Start of INPUT DATA

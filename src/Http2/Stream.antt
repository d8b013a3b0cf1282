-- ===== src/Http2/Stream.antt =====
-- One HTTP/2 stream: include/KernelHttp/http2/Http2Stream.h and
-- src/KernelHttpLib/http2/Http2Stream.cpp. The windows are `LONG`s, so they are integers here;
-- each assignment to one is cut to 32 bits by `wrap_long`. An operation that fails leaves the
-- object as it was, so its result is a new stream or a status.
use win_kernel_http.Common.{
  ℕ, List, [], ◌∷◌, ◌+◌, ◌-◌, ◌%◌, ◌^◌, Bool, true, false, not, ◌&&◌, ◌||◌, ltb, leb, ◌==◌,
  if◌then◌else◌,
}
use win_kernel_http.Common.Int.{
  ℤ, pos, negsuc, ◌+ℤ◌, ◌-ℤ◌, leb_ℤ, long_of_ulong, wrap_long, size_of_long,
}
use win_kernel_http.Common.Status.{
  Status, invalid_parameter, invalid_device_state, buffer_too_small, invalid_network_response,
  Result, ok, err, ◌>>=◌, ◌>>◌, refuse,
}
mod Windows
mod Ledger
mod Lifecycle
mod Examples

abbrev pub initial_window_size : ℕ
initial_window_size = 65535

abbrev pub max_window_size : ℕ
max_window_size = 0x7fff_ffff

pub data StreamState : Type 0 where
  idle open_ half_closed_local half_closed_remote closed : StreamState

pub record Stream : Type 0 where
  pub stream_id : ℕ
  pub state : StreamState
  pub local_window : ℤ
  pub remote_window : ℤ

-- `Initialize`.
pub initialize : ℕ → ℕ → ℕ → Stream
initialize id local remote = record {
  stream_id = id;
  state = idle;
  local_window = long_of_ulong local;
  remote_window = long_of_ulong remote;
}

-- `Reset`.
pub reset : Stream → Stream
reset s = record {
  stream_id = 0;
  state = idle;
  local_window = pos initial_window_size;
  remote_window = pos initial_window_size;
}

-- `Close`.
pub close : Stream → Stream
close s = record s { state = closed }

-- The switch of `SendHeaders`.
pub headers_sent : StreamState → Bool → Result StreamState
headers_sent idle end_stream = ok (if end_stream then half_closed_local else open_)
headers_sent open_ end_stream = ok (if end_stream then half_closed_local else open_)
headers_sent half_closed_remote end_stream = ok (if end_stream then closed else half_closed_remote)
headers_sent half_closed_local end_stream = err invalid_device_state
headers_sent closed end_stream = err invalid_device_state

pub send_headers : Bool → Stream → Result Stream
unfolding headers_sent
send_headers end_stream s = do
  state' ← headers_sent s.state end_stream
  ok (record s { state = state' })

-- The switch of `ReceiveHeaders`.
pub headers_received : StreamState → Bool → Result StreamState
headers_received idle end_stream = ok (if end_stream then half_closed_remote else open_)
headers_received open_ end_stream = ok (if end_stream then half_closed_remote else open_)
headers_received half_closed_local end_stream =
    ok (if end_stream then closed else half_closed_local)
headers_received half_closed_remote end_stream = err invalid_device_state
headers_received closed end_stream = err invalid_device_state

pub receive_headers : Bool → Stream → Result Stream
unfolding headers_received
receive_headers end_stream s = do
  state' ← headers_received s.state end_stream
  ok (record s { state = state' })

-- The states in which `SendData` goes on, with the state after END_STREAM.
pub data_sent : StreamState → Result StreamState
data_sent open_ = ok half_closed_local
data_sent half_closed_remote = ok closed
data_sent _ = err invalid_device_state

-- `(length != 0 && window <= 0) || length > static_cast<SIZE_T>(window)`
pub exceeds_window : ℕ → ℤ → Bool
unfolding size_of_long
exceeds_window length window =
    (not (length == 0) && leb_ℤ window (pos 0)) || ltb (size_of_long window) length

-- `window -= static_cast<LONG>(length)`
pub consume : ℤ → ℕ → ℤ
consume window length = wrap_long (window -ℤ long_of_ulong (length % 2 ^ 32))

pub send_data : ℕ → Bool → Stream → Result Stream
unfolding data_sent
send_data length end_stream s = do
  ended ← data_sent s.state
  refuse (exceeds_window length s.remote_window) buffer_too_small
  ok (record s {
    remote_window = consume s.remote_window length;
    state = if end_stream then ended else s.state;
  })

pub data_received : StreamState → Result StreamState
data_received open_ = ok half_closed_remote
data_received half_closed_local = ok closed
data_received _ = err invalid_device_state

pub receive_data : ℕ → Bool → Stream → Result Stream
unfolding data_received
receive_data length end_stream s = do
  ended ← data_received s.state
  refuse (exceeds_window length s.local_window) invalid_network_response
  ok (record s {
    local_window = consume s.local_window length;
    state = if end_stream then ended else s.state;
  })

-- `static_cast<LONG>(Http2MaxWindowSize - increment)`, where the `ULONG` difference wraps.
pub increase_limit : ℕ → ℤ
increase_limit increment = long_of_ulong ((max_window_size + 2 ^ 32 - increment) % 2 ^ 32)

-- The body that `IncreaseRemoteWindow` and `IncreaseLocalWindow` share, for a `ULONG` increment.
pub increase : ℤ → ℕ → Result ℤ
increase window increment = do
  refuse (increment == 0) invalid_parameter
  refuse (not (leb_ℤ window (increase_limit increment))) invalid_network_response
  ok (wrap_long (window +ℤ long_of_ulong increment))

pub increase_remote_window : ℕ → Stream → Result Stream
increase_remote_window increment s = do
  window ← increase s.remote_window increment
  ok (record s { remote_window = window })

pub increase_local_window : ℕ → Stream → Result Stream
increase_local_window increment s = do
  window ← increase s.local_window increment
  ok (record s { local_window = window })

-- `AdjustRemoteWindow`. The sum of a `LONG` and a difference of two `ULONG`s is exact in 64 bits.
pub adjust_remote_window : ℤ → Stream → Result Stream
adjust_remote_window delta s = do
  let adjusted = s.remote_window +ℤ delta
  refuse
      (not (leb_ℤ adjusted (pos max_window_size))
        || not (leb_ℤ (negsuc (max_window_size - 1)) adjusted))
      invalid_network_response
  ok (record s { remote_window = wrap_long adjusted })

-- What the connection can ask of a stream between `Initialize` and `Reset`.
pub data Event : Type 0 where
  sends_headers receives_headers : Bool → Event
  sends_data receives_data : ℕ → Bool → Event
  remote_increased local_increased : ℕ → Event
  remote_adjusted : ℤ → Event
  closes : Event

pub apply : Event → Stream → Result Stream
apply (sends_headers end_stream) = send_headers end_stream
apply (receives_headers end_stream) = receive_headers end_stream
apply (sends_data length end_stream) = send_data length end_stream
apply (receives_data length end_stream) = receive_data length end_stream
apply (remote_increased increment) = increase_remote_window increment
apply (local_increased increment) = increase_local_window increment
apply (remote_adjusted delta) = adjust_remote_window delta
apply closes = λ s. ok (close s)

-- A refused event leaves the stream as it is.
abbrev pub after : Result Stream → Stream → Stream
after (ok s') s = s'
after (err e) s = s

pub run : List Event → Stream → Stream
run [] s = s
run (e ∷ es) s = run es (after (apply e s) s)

End of INPUT DATA

→ **TRY IT**: In your reply, restate exactly the lines from the start of the records above through the line holding "abbrev pub initial_window_size : ℕ", including both, and nothing else.

→ **ANSWER TO THE PROBLEM**:
filename src/Http2/Stream.antt
repository d8b013a3b0cf1282
-- ===== src/Http2/Stream.antt =====
-- One HTTP/2 stream: include/KernelHttp/http2/Http2Stream.h and
-- src/KernelHttpLib/http2/Http2Stream.cpp. The windows are `LONG`s, so they are integers here;
-- each assignment to one is cut to 32 bits by `wrap_long`. An operation that fails leaves the
-- object as it was, so its result is a new stream or a status.
use win_kernel_http.Common.{
  ℕ, List, [], ◌∷◌, ◌+◌, ◌-◌, ◌%◌, ◌^◌, Bool, true, false, not, ◌&&◌, ◌||◌, ltb, leb, ◌==◌,
  if◌then◌else◌,
}
use win_kernel_http.Common.Int.{
  ℤ, pos, negsuc, ◌+ℤ◌, ◌-ℤ◌, leb_ℤ, long_of_ulong, wrap_long, size_of_long,
}
use win_kernel_http.Common.Status.{
  Status, invalid_parameter, invalid_device_state, buffer_too_small, invalid_network_response,
  Result, ok, err, ◌>>=◌, ◌>>◌, refuse,
}
mod Windows
mod Ledger
mod Lifecycle
mod Examples

abbrev pub initial_window_size : ℕ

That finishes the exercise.